Auf den Tag vor 93 Jahren erblickte Charles «Chuck» Edward Anderson Berry das Licht der Welt. Und mit ihm dieser unbeschreibliche Beat. Dieses freche, leichte, perfekt gesetzte Spiel. Neue, fast eigenhändig gezeichnete Musik eines Rock’n’Roll-Architekten. Lennons oder Dylans späteres Schaffen wäre ohne den Mann aus St. Louis undenkbar, zumal dessen sprachverliebte Lyrik den Songs reichlich Tiefe und zeitlose Aktualität verlieh. Die Charts von heute kennen sowas nicht mehr: Berry scheute sich nicht, der Elite gerne mal charmant-demonstrativ eins auszuwischen und fast schon im Vorbeigehen den radikalen Wandel in der (Kunst-) Welt einzuläuten. ‹Roll over Beethoven› zeugt davon.
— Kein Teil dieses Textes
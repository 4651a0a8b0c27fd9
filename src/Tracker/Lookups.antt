-- ===== src/Tracker/Lookups.antt =====
-- What the loops of internal/tracker/tracker.go leave for one user.
use xboard_node_win.Common.{
  ℤ, lookup, insert, lookup-insert, IsMap, insert-IsMap, from_option, if◌then◌else◌, int_key, ◌==ₖ◌,
  beq_ℤ, beq_ℤ_iff, [], ◌∷◌, Option, none, some, ◌≡◌, refl, arith, Bool-cases, inl, inr, ◌∙◌,
}
use xboard_node_win.Tracker.{
  Traffic, Cycle, traffic_of, deltas, add_traffic, is_active, process_user, process_users,
  restore_all,
}

-- What `Process` charges a user for a cumulative counter.
abbrev pub charge : ℤ × ℤ → ℤ × ℤ → ℤ × ℤ
charge pending d = if is_active d then add_traffic pending d else pending

traffic_of-insert :
    (j k : ℤ) (v : ℤ × ℤ) (m : Traffic)
    → traffic_of j (insert k v m) ≡ (if k ==ₖ j then v else traffic_of j m)
traffic_of-insert j k v m = ground (arith, lookup-insert j k v m)

last_seen-process_user :
    (j uid : ℤ) (cum : ℤ × ℤ) (c : Cycle)
    → traffic_of j (process_user uid cum c).last_seen
      ≡ (if uid ==ₖ j then cum else traffic_of j c.last_seen)
unfolding process_user
last_seen-process_user j uid cum c =
    elim (Bool-cases (is_active (deltas cum (traffic_of uid c.last_seen)))) [
      | inl e ↦ rw (e, process_user) (traffic_of-insert j uid cum c.last_seen)
      | inr e ↦ rw (e, process_user) (traffic_of-insert j uid cum c.last_seen)
    ]

pending-process_user :
    (j uid : ℤ) (cum : ℤ × ℤ) (c : Cycle)
    → traffic_of j (process_user uid cum c).pending ≡ (
        if uid ==ₖ j
        then charge (traffic_of j c.pending) (deltas cum (traffic_of j c.last_seen))
        else traffic_of j c.pending)
unfolding process_user
pending-process_user j uid cum c = elim (Bool-cases (beq_ℤ uid j)) [
  | inl same ↦
      let e = (beq_ℤ_iff uid j).0 same in
      rw same (
        rw (← e) (elim (Bool-cases (is_active (deltas cum (traffic_of uid c.last_seen)))) [
          | inl a ↦
              rw (a, process_user)
                (ground (
                  arith,
                  traffic_of-insert uid uid
                      (add_traffic (traffic_of uid c.pending)
                        (deltas cum (traffic_of uid c.last_seen)))
                      c.pending,
                  beq_ℤ_iff uid uid,
                ))
          | inr a ↦ rw (a, process_user)
        ]))
  | inr other ↦ elim (Bool-cases (is_active (deltas cum (traffic_of uid c.last_seen)))) [
    | inl a ↦
        rw (a, process_user)
          (traffic_of-insert j uid
              (add_traffic (traffic_of uid c.pending) (deltas cum (traffic_of uid c.last_seen)))
              c.pending
            ∙ rw other)
    | inr a ↦ rw (a, process_user, other)
  ]
]

-- The values of one user before and after the loop of `Process`.
abbrev pub charged : Option (ℤ × ℤ) → ℤ × ℤ → ℤ × ℤ → ℤ × ℤ
charged none prev pending = pending
charged (some cum) prev pending = charge pending (deltas cum prev)

pub last_seen-process_users :
    (us : Traffic) (uid : ℤ) (c : Cycle)
    → IsMap us
    → traffic_of uid (process_users us c).last_seen
      ≡ from_option (traffic_of uid c.last_seen) (lookup uid us)
unfolding process_users lookup
last_seen-process_users [] uid c m = refl
last_seen-process_users ((i, cum) ∷ us) uid c m = ground (
  arith,
  last_seen-process_users us uid (process_user i cum c) m.1,
  last_seen-process_user uid i cum c,
  beq_ℤ_iff i uid,
)

pub pending-process_users :
    (us : Traffic) (uid : ℤ) (c : Cycle)
    → IsMap us
    → traffic_of uid (process_users us c).pending
      ≡ charged (lookup uid us) (traffic_of uid c.last_seen) (traffic_of uid c.pending)
unfolding process_users lookup
pending-process_users [] uid c m = refl
pending-process_users ((i, cum) ∷ us) uid c m = elim (Bool-cases (beq_ℤ i uid)) [
  | inl same ↦
      let e = (beq_ℤ_iff i uid).0 same in
      let none_left : lookup uid us ≡ none = rw (← e) m.0 in
      rw same (
        pending-process_users us uid (process_user i cum c) m.1
        ∙ rw none_left (pending-process_user uid i cum c ∙ rw same))
  | inr other ↦ rw other (
      pending-process_users us uid (process_user i cum c) m.1
      ∙ rw (last_seen-process_user uid i cum c, pending-process_user uid i cum c, other))
]

-- `RestoreTraffic` adds each user's amount to what is pending.
pub traffic_of-restore_all :
    (ds : Traffic) (uid : ℤ) (pending : Traffic)
    → IsMap ds
    → traffic_of uid (restore_all ds pending) ≡ elim (lookup uid ds) [
      | none ↦ traffic_of uid pending
      | some d ↦ add_traffic (traffic_of uid pending) d
    ]
unfolding restore_all lookup
traffic_of-restore_all [] uid pending m = refl
traffic_of-restore_all ((i, d) ∷ ds) uid pending m = ground (
  arith,
  traffic_of-restore_all ds uid (insert i (add_traffic (traffic_of i pending) d) pending) m.1,
  traffic_of-insert uid i (add_traffic (traffic_of i pending) d) pending,
  beq_ℤ_iff i uid,
)

IsMap-process_user :
    (uid : ℤ) (cum : ℤ × ℤ) (c : Cycle) → IsMap c.pending → IsMap (process_user uid cum c).pending
unfolding process_user
IsMap-process_user uid cum c m =
    let d = deltas cum (traffic_of uid c.last_seen) in
    elim (Bool-cases (is_active d)) [
      | inl a ↦
          rw (a, process_user)
            (insert-IsMap uid (add_traffic (traffic_of uid c.pending) d) c.pending m)
      | inr a ↦ rw (a, process_user) m
    ]

pub IsMap-process_users :
    (us : Traffic) (c : Cycle) → IsMap c.pending → IsMap (process_users us c).pending
unfolding process_users
IsMap-process_users [] c m = m
IsMap-process_users ((uid, cum) ∷ us) c m =
    IsMap-process_users us (process_user uid cum c) (IsMap-process_user uid cum c m)

pub IsMap-restore_all :
    (ds : Traffic) (pending : Traffic) → IsMap pending → IsMap (restore_all ds pending)
unfolding restore_all
IsMap-restore_all [] pending m = m
IsMap-restore_all ((uid, d) ∷ ds) pending m =
    let sum = add_traffic (traffic_of uid pending) d in
    IsMap-restore_all ds (insert uid sum pending) (insert-IsMap uid sum pending m)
Was genau derzeit über Helvetien rollt, darüber orakeln wahlkampfübermüdete PolitikerInnen, gern auch selbsternannte Experten und nicht zuletzt das SRG-Wahlbarometer; verlässlich ist irgendwie anders. Und die braven Bürgerinnen und Bürger müssen sich den Stoff reinziehen, der sich immerdar aufdrängt, grad so wie ein ungehobelter Gast an einer schlechten Party. Wie das Farbenspiel im Resultat aussieht, sehen wir am Wahlsonntag. Danach wird es – mal eben diese Resultate bewusst zur Seite gestellt – hoffentlich ruhiger. Ich freue mich, auf dem Weg zu täglich Brot den vielen weissen Zähnen nicht mehr begegnen zu müssen. Auf dem freien Felde die Kuh zu bestaunen, und nicht die Föhnfrisur neben der Kuh. Und keine unnützen Statusmeldungen von Stimmenfangenden mehr krampfhaft ignorieren zu müssen. Was die alles tun! Bald kehrt hoffentlich Ruhe ein im kleinen Land, da die motivierten Gewählten endlich damit beginnen, beflissen zu arbeiten. Etwas zu ändern. Hoffentlich. Möglicherweise.
Ich habe mich kürzlich gefragt, was ich von diesem Wahljahr eigentlich mitnehme. Es kam mir auf Anhieb nichts in den Sinn. So ging ich auf Reisen, entlang dem grossen Wasser. Gedankenverloren neben der ausgebüxten Helvetia stehend – erinnere ich richtig, habe ich sie tatsächlich sanft streichelnd getröstet? – auf den glitzernden Rhein äugend und den würzigen Dürumsaft an meinen Fingern riechend, kam mir etwas in den Sinn: Menschen. Einige wenige Menschen, die mich tatsächlich überrascht haben. Meist mit Haltungen und Taten, die ich ihnen weder zugetraut noch zugemutet hätte. Jenseits aller Parteigrenzen. Ja, vor allem jenseits meines politischen Spektrums. Hoffentlich beginnen auch sie bald wieder, tatkräftig zu wirken. So, genug der Gefühlsduselei.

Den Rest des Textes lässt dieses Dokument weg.